В годы Крымской войны Толстой добровольцем вступил в армию, но, заболев тифом, участия в боевых действиях не принимал. В 1856, в день коронации Александра II, был назначен флигель-адьютантом; вскоре, из-за нежелания оставаться в военной службе, был поставлен егермейстером (начальником егерей царской охоты). Однако карьера придворного и политического деятеля была ему не по душе. Преодолевая сопротивление людей, пекущихся о его будущности и искренне желающих ему добра (в т.ч. самого императора), он в 1859 добился бессрочного отпуска, а в 1861 — полной отставки, эта житейская коллизия нашла выражение в поэме «Иоанн Дамаскин» (1859). После отставки Алексей Толстой проживал преимущественно в имениях Пустынька на берегу реки Тосны под Санкт-Петербургом и Красный Рог в Черниговской губернии, занимаясь почти исключительно словесностью.

В печати впервые выступил в 1841 с фантастической повестью «Упырь» (за подписью Красногорский). Романтической фантастикой проникнуты и две сюжетно связанные между собой повести, написанные в конце 1830-х — начале 1840-х по-французски: «La famille du vurdalak» («Семейство вурдалака») и «Le rendez-vous dans trois cent ans» («Встреча через триста лет»). Действие их происходит в Сербии и Франции XVIII века. Не опубликованные при жизни Толстого, эти повести считаются исследователями наиболее удачными среди его прозаических сочинений. Фантастична и повесть из времен гонений на христиан «Амена» (1846), в которой языческая богиня оборачивается исчадием ада. Однако, увлеченный тогда преимущественно религиозной проблематикой и «тайнами гроба», Толстой-прозаик отдал дань и натуральной школе: в ее манере выдержан очерк «Артемий Семенович Бервенковский» (1845).

Высшим достижением Толстого в прозе явился роман из эпохи опричнины Ивана Грозного «Князь Серебряный» (1862). Работа над ним началась, предположительно, уже в 1840-х. Это исторический роман в «вальтерскоттовском» духе, с центральным вымышленным героем, простоватым, но безукоризненно честным, который оказывается жертвой борьбы царя Ивана, устанавливающего неограниченную власть, с московским боярством.

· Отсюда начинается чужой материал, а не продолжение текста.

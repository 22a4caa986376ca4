-- ===== src/Escrow/Preservation.antt =====
-- The form of the deals over each call.
use sthrip.Base.{ℕ, inl, inr, refl, Option-cases}
use sthrip.Base.Int.{ℤ}
use sthrip.Base.Table.{find, set, All, find-All, set-All}
use sthrip.Models.Database.{Db}
use sthrip.Escrow.MilestoneRepo.{delivered, released}
use sthrip.Escrow.Repo.{delivered_deal, released_deal, cancelled_deal}
use sthrip.Escrow.Trust.{fee_of}
use sthrip.Escrow.Deals.{accept_escrow, deliver_escrow, release_escrow, cancel_escrow}
use sthrip.Escrow.Milestones.{release_milestone, deliver_milestone}
use sthrip.Escrow.Outcomes.{
  accept_escrow_outcome, deliver_escrow_outcome, release_escrow_outcome, cancel_escrow_outcome,
}
use sthrip.Escrow.MilestoneOutcomes.{
  with_parts, deliver_milestone_outcome, deliver_milestone_unknown, release_milestone_outcome,
  release_milestone_unknown,
}
use sthrip.Escrow.WellFormed.{IsWellFormed}
use sthrip.Escrow.Reform.{
  set-Replaces, accepted_result-IsWellFormed, after_release-IsWellFormed, restatused-IsWellFormed,
  with_parts-IsWellFormed,
}

-- The deals of the session after a write of one of them.
abbrev pub AllWellFormed : Db → Type 0
AllWellFormed db = All IsWellFormed db.deals

pub accept_escrow-AllWellFormed :
    (now id seller : ℕ) (db : Db)
    → AllWellFormed db
    → AllWellFormed (accept_escrow now id seller db).1
accept_escrow-AllWellFormed now id seller db ws = elim (Option-cases (find id db.deals)) [
  | inl e ↦ unfold accept_escrow in (rw e ws)
  | inr (d, e) ↦ elim (accept_escrow_outcome now id seller d db e) [
    | inl (_, done) ↦ rw done (
        set-All IsWellFormed id _ db.deals ws
          (accepted_result-IsWellFormed now d (find-All IsWellFormed id d db.deals ws e)))
    | inr (_, _, same) ↦ rw same ws
  ]
]

pub deliver_escrow-AllWellFormed :
    (now id seller : ℕ) (db : Db)
    → AllWellFormed db
    → AllWellFormed (deliver_escrow now id seller db).1
deliver_escrow-AllWellFormed now id seller db ws = elim (Option-cases (find id db.deals)) [
  | inl e ↦ unfold deliver_escrow in (rw e ws)
  | inr (d, e) ↦ elim (deliver_escrow_outcome now id seller d db e) [
    | inl (_, done) ↦ rw done (
        set-All IsWellFormed id _ db.deals ws (
          restatused-IsWellFormed d (delivered_deal now d.review_timeout_hours d)
            (find-All IsWellFormed id d db.deals ws e) (refl, refl, refl, refl) refl (λ c. cc)))
    | inr (_, _, same) ↦ rw same ws
  ]
]

pub release_escrow-AllWellFormed :
    (now id buyer : ℕ) (amount : ℤ) (db : Db)
    → AllWellFormed db
    → AllWellFormed (release_escrow now id buyer amount db).1
release_escrow-AllWellFormed now id buyer amount db ws = elim (Option-cases (find id db.deals)) [
  | inl e ↦ unfold release_escrow in (rw e ws)
  | inr (d, e) ↦ elim (release_escrow_outcome now id buyer amount d db e) [
    | inl (_, done) ↦ rw done (
        set-All IsWellFormed id _ db.deals ws (
          restatused-IsWellFormed d (released_deal now amount (fee_of amount d.fee_percent) d)
            (find-All IsWellFormed id d db.deals ws e) (refl, refl, refl, refl) refl (λ c. cc)))
    | inr (_, _, same) ↦ rw same ws
  ]
]

pub cancel_escrow-AllWellFormed :
    (now id buyer : ℕ) (db : Db)
    → AllWellFormed db
    → AllWellFormed (cancel_escrow now id buyer db).1
cancel_escrow-AllWellFormed now id buyer db ws = elim (Option-cases (find id db.deals)) [
  | inl e ↦ unfold cancel_escrow in (rw e ws)
  | inr (d, e) ↦ elim (cancel_escrow_outcome now id buyer d db e) [
    | inl (_, done) ↦ rw done (
        set-All IsWellFormed id _ db.deals ws (
          restatused-IsWellFormed d (cancelled_deal now d)
            (find-All IsWellFormed id d db.deals ws e) (refl, refl, refl, refl) refl (λ c. cc)))
    | inr (_, _, same) ↦ rw same ws
  ]
]

pub deliver_milestone-AllWellFormed :
    (now id seq seller : ℕ) (db : Db)
    → AllWellFormed db
    → AllWellFormed (deliver_milestone now id seq seller db).1
deliver_milestone-AllWellFormed now id seq seller db ws = elim (Option-cases (find id db.deals)) [
  | inl e ↦ unfold deliver_milestone in (rw e ws)
  | inr (d, e) ↦
      let w = find-All IsWellFormed id d db.deals ws e in
      elim (Option-cases (find seq d.milestones)) [
        | inl em ↦ rw ((deliver_milestone_unknown now id seq seller d db e em).1) ws
        | inr (m, em) ↦ elim (deliver_milestone_outcome now id seq seller m d db e em) [
          | inl ((st, _, _, _), done) ↦ rw done (
              set-All IsWellFormed id _ db.deals ws (
                with_parts-IsWellFormed
                  (set seq (delivered now m.review_timeout_hours m) d.milestones) d w st
                  (set-Replaces seq m (delivered now m.review_timeout_hours m) d.milestones em refl
                    w.parts_distinct w.parts_positive)))
          | inr (_, _, same) ↦ rw same ws
        ]
      ]
]

pub release_milestone-AllWellFormed :
    (now id seq buyer : ℕ) (amount : ℤ) (db : Db)
    → AllWellFormed db
    → AllWellFormed (release_milestone now id seq buyer amount db).1
release_milestone-AllWellFormed now id seq buyer amount db ws =
    elim (Option-cases (find id db.deals)) [
      | inl e ↦ unfold release_milestone in (rw e ws)
      | inr (d, e) ↦
          let w = find-All IsWellFormed id d db.deals ws e in
          elim (Option-cases (find seq d.milestones)) [
            | inl em ↦ rw ((release_milestone_unknown now id seq buyer amount d db e em).1) ws
            | inr (m, em) ↦ elim (release_milestone_outcome now id seq buyer amount m d db e em) [
              | inl ((st, _, _, _, _, _), done) ↦
                  let fee = fee_of amount d.fee_percent in
                  let ms = set seq (released now amount fee m) d.milestones in
                  let w' = with_parts-IsWellFormed ms d w st (
                    set-Replaces seq m (released now amount fee m) d.milestones em refl
                      w.parts_distinct w.parts_positive) in
                  rw done (
                    set-All IsWellFormed id _ (set id (with_parts ms d) db.deals)
                      (set-All IsWellFormed id (with_parts ms d) db.deals ws w')
                      (after_release-IsWellFormed now seq amount fee (with_parts ms d) w' st))
              | inr (_, _, same) ↦ rw same ws
            ]
          ]
    ]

Современной Толстому критикой роман воспринят не был, но скоро вошел в число образцовых, классических книг для детского и юношеского чтения.

В 1854 Толстой начал публиковать свои лирические стихотворения. В целом для его лирики характерно тяготение к стихотворениям романсового типа (не случайно более половины их положено на музыку), к весенним пейзажам. Умышленная простота, даже небрежность рифмовки создает впечатление безыскусности, подлинности лирической эмоции. В значительной мере опираясь на народно-песенную традицию, Алексей Толстой обращался и к прямым стилизациям фольклорных ритмов и образов, и звучание их совсем не мажорное; преобладающая в них тематика — «тоска-кручина», заедающая век «добра молодца».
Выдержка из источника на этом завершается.